::: DATA LISTING :::

-- ===== src/Examples/Candidates.antt =====
-- The candidate registry at concrete inputs.
use agent_loop_gate.Base.{
  err, string_eq, true, none, some, List, [], ◌∷◌, map, lookup, ok, value_of, ◌≡◌, refl, inl,
}
use agent_loop_gate.Schemas.Texts.{is_artifact_id}
use agent_loop_gate.Base.Sorting.{sorted}
use agent_loop_gate.Schemas.{
  risk_l, AssetFamily, FailureType, CandidateStatus, checked, update_evaluated, selection_evaluated,
  release_evaluated, ship_recommended, shipped, Digest,
}
use agent_loop_gate.Schemas.Candidate.{
  CandidateRecord, FailureBundle, EffectMetric, EffectDirection,
}
use agent_loop_gate.Mutation.Models.{MutationPolicy, pass, passed, model_1_1}
use agent_loop_gate.Mutation.Checker.Verdicts.{CandidateCheckResult, within_policy}
use agent_loop_gate.Candidates.Registry.Events.{
  CandidateLifecycleEvent, Registry, CandidateError, events_at, transition,
}
use agent_loop_gate.Candidates.Registry.Registration.{Registration, register}
use agent_loop_gate.Candidates.Registry.History.{
  IsValid, IsHistory, after, transition-IsValid, register-IsValid,
}
use agent_loop_gate.Candidates.Registry.Stages.{route, shipped-stages}

abbrev bundle : FailureBundle
bundle = record {
  failure_bundle_id = "f1";
  snapshot_id = "b0";
  failure_type = FailureType.unknown;
  affected_run_ids = "r1" ∷ [];
  evidence_refs = "e" ∷ [];
  redacted_summary = "s";
  target_asset_families = AssetFamily.prompt_instruction ∷ [];
  expected_behavior_change = "x";
  must_not_change = [];
  budget = record { max_files = 2; max_changed_lines = 80 };
}

abbrev bundle_digest : FailureBundle → Digest
bundle_digest b = b.failure_bundle_id

abbrev policy : MutationPolicy
policy = record {
  schema_version = model_1_1;
  max_files = 4;
  max_changed_lines = 100;
  auto_executable_risks = risk_l ∷ [];
  hold_risks = [];
  protected_paths = [];
  trust_kernel_paths = [];
  forbidden_content_patterns = [];
  reject_unbound_static_capabilities = true;
  semantic_deduplication = true;
}

abbrev check_result : CandidateCheckResult
check_result = record {
  schema_version = model_1_1;
  disposition = pass;
  code = passed;
  message = within_policy;
  patch_digest = "d";
  changed_files = "prompt.md" ∷ [];
  additions = 2;
  deletions = 1;
  changed_lines = 3;
  asset_families = AssetFamily.prompt_instruction ∷ [];
  risk_tier = some risk_l;
  rollback_units = "prompt" ∷ [];
  auto_executable = true;
  semantic_tags = some [];
  semantic_fingerprint = some "b";
}

abbrev registration : Registration
registration = record {
  candidate_id = "c1";
  parent_snapshot_id = "b0";
  failure_bundle = bundle;
  updater = record { name = "u"; version = "1" };
  hypothesis = "h";
  patch_path = "candidates/c1/candidate.patch";
  predicted_effect = record {
    metric = EffectMetric.mean_cost;
    direction = EffectDirection.decrease;
  };
  created_at = "t0";
  check = check_result;
  stored_digest = "d";
}

unfoldable first : Registry
unfolding register is_artifact_id sorted
first = (register bundle_digest policy [] registration).0

register-IsValid_example : IsValid (register bundle_digest policy [] registration).0
register-IsValid_example = register-IsValid bundle_digest policy [] registration tt

-- The same fingerprint for the same bundle and parent is refused under another name.
duplicate_refused :
    (register bundle_digest policy first (record registration { candidate_id = "c2" })).1
    ≡ err (CandidateError.semantic_duplicate_of "c1")
unfolding register first is_artifact_id sorted
duplicate_refused = refl

unfoldable second : Registry
unfolding transition first is_artifact_id sorted
second = (value_of (transition first "c1" update_evaluated "core" [] "t1") tt).0

unfoldable evaluated : CandidateRecord
unfolding transition first is_artifact_id sorted
evaluated = (value_of (transition first "c1" update_evaluated "core" [] "t1") tt).1

first-moves : transition first "c1" update_evaluated "core" [] "t1" ≡ ok (second, evaluated)
unfolding transition second evaluated first is_artifact_id sorted
first-moves = refl

first-IsValid : IsValid first
unfolding first is_artifact_id sorted
first-IsValid = register-IsValid bundle_digest policy [] registration tt

transition-IsValid_example : IsValid second
transition-IsValid_example =
    transition-IsValid first "c1" update_evaluated "core" [] "t1" first-moves first-IsValid

-- A stage cannot be left out.
no_shortcut :
    transition first "c1" shipped "core" [] "t1"
    ≡ err (CandidateError.invalid_transition checked shipped)
unfolding transition first is_artifact_id sorted
no_shortcut = refl

abbrev moved : Registry → CandidateStatus → Registry
unfolding transition is_artifact_id sorted
moved g s = elim (transition g "c1" s "core" [] "t") [ ok r ↦ r.0 | err e ↦ [] ]

unfoldable last : Registry
unfolding first transition is_artifact_id sorted
last =
    moved
      (moved (moved (moved (moved first update_evaluated) selection_evaluated) release_evaluated)
        ship_recommended)
      shipped

unfoldable log : List CandidateLifecycleEvent
unfolding last is_artifact_id sorted
log = events_at (lookup "c1" last)

log-IsHistory : IsHistory none 0 log
unfolding log transition first is_artifact_id sorted
log-IsHistory = (
  refl,
  refl,
  refl,
  inl refl,
  (
    refl,
    refl,
    refl,
    refl,
    (
      refl,
      refl,
      refl,
      refl,
      (refl, refl, refl, refl, (refl, refl, refl, refl, (refl, refl, refl, refl, tt))),
    ),
  ),
)

log-ships : after none log ≡ some shipped
unfolding log transition first is_artifact_id sorted
log-ships = refl

shipped-stages_example :
    map (λ (e : CandidateLifecycleEvent). e.next_status) log ≡ checked ∷ route checked
shipped-stages_example = shipped-stages log log-IsHistory log-ships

:::

The expected response reproduces all of the data precisely.

EXERCISE RESPONSE >>
-- ===== src/Examples/Candidates.antt =====
-- The candidate registry at concrete inputs.
use agent_loop_gate.Base.{
  err, string_eq, true, none, some, List, [], ◌∷◌, map, lookup, ok, value_of, ◌≡◌, refl, inl,
}
use agent_loop_gate.Schemas.Texts.{is_artifact_id}
use agent_loop_gate.Base.Sorting.{sorted}
use agent_loop_gate.Schemas.{
  risk_l, AssetFamily, FailureType, CandidateStatus, checked, update_evaluated, selection_evaluated,
  release_evaluated, ship_recommended, shipped, Digest,
}
use agent_loop_gate.Schemas.Candidate.{
  CandidateRecord, FailureBundle, EffectMetric, EffectDirection,
}
use agent_loop_gate.Mutation.Models.{MutationPolicy, pass, passed, model_1_1}
use agent_loop_gate.Mutation.Checker.Verdicts.{CandidateCheckResult, within_policy}
use agent_loop_gate.Candidates.Registry.Events.{
  CandidateLifecycleEvent, Registry, CandidateError, events_at, transition,
}
use agent_loop_gate.Candidates.Registry.Registration.{Registration, register}
use agent_loop_gate.Candidates.Registry.History.{
  IsValid, IsHistory, after, transition-IsValid, register-IsValid,
}
use agent_loop_gate.Candidates.Registry.Stages.{route, shipped-stages}

abbrev bundle : FailureBundle
bundle = record {
  failure_bundle_id = "f1";
  snapshot_id = "b0";
  failure_type = FailureType.unknown;
  affected_run_ids = "r1" ∷ [];
  evidence_refs = "e" ∷ [];
  redacted_summary = "s";
  target_asset_families = AssetFamily.prompt_instruction ∷ [];
  expected_behavior_change = "x";
  must_not_change = [];
  budget = record { max_files = 2; max_changed_lines = 80 };
}

abbrev bundle_digest : FailureBundle → Digest
bundle_digest b = b.failure_bundle_id

abbrev policy : MutationPolicy
policy = record {
  schema_version = model_1_1;
  max_files = 4;
  max_changed_lines = 100;
  auto_executable_risks = risk_l ∷ [];
  hold_risks = [];
  protected_paths = [];
  trust_kernel_paths = [];
  forbidden_content_patterns = [];
  reject_unbound_static_capabilities = true;
  semantic_deduplication = true;
}

abbrev check_result : CandidateCheckResult
check_result = record {
  schema_version = model_1_1;
  disposition = pass;
  code = passed;
  message = within_policy;
  patch_digest = "d";
  changed_files = "prompt.md" ∷ [];
  additions = 2;
  deletions = 1;
  changed_lines = 3;
  asset_families = AssetFamily.prompt_instruction ∷ [];
  risk_tier = some risk_l;
  rollback_units = "prompt" ∷ [];
  auto_executable = true;
  semantic_tags = some [];
  semantic_fingerprint = some "b";
}

abbrev registration : Registration
registration = record {
  candidate_id = "c1";
  parent_snapshot_id = "b0";
  failure_bundle = bundle;
  updater = record { name = "u"; version = "1" };
  hypothesis = "h";
  patch_path = "candidates/c1/candidate.patch";
  predicted_effect = record {
    metric = EffectMetric.mean_cost;
    direction = EffectDirection.decrease;
  };
  created_at = "t0";
  check = check_result;
  stored_digest = "d";
}

unfoldable first : Registry
unfolding register is_artifact_id sorted
first = (register bundle_digest policy [] registration).0

register-IsValid_example : IsValid (register bundle_digest policy [] registration).0
register-IsValid_example = register-IsValid bundle_digest policy [] registration tt

-- The same fingerprint for the same bundle and parent is refused under another name.
duplicate_refused :
    (register bundle_digest policy first (record registration { candidate_id = "c2" })).1
    ≡ err (CandidateError.semantic_duplicate_of "c1")
unfolding register first is_artifact_id sorted
duplicate_refused = refl

unfoldable second : Registry
unfolding transition first is_artifact_id sorted
second = (value_of (transition first "c1" update_evaluated "core" [] "t1") tt).0

unfoldable evaluated : CandidateRecord
unfolding transition first is_artifact_id sorted
evaluated = (value_of (transition first "c1" update_evaluated "core" [] "t1") tt).1

first-moves : transition first "c1" update_evaluated "core" [] "t1" ≡ ok (second, evaluated)
unfolding transition second evaluated first is_artifact_id sorted
first-moves = refl

first-IsValid : IsValid first
unfolding first is_artifact_id sorted
first-IsValid = register-IsValid bundle_digest policy [] registration tt

transition-IsValid_example : IsValid second
transition-IsValid_example =
    transition-IsValid first "c1" update_evaluated "core" [] "t1" first-moves first-IsValid

-- A stage cannot be left out.
no_shortcut :
    transition first "c1" shipped "core" [] "t1"
    ≡ err (CandidateError.invalid_transition checked shipped)
unfolding transition first is_artifact_id sorted
no_shortcut = refl

abbrev moved : Registry → CandidateStatus → Registry
unfolding transition is_artifact_id sorted
moved g s = elim (transition g "c1" s "core" [] "t") [ ok r ↦ r.0 | err e ↦ [] ]

unfoldable last : Registry
unfolding first transition is_artifact_id sorted
last =
    moved
      (moved (moved (moved (moved first update_evaluated) selection_evaluated) release_evaluated)
        ship_recommended)
      shipped

unfoldable log : List CandidateLifecycleEvent
unfolding last is_artifact_id sorted
log = events_at (lookup "c1" last)

log-IsHistory : IsHistory none 0 log
unfolding log transition first is_artifact_id sorted
log-IsHistory = (
  refl,
  refl,
  refl,
  inl refl,
  (
    refl,
    refl,
    refl,
    refl,
    (
      refl,
      refl,
      refl,
      refl,
      (refl, refl, refl, refl, (refl, refl, refl, refl, (refl, refl, refl, refl, tt))),
    ),
  ),
)

log-ships : after none log ≡ some shipped
unfolding log transition first is_artifact_id sorted
log-ships = refl

shipped-stages_example :
    map (λ (e : CandidateLifecycleEvent). e.next_status) log ≡ checked ∷ route checked
shipped-stages_example = shipped-stages log log-IsHistory log-ships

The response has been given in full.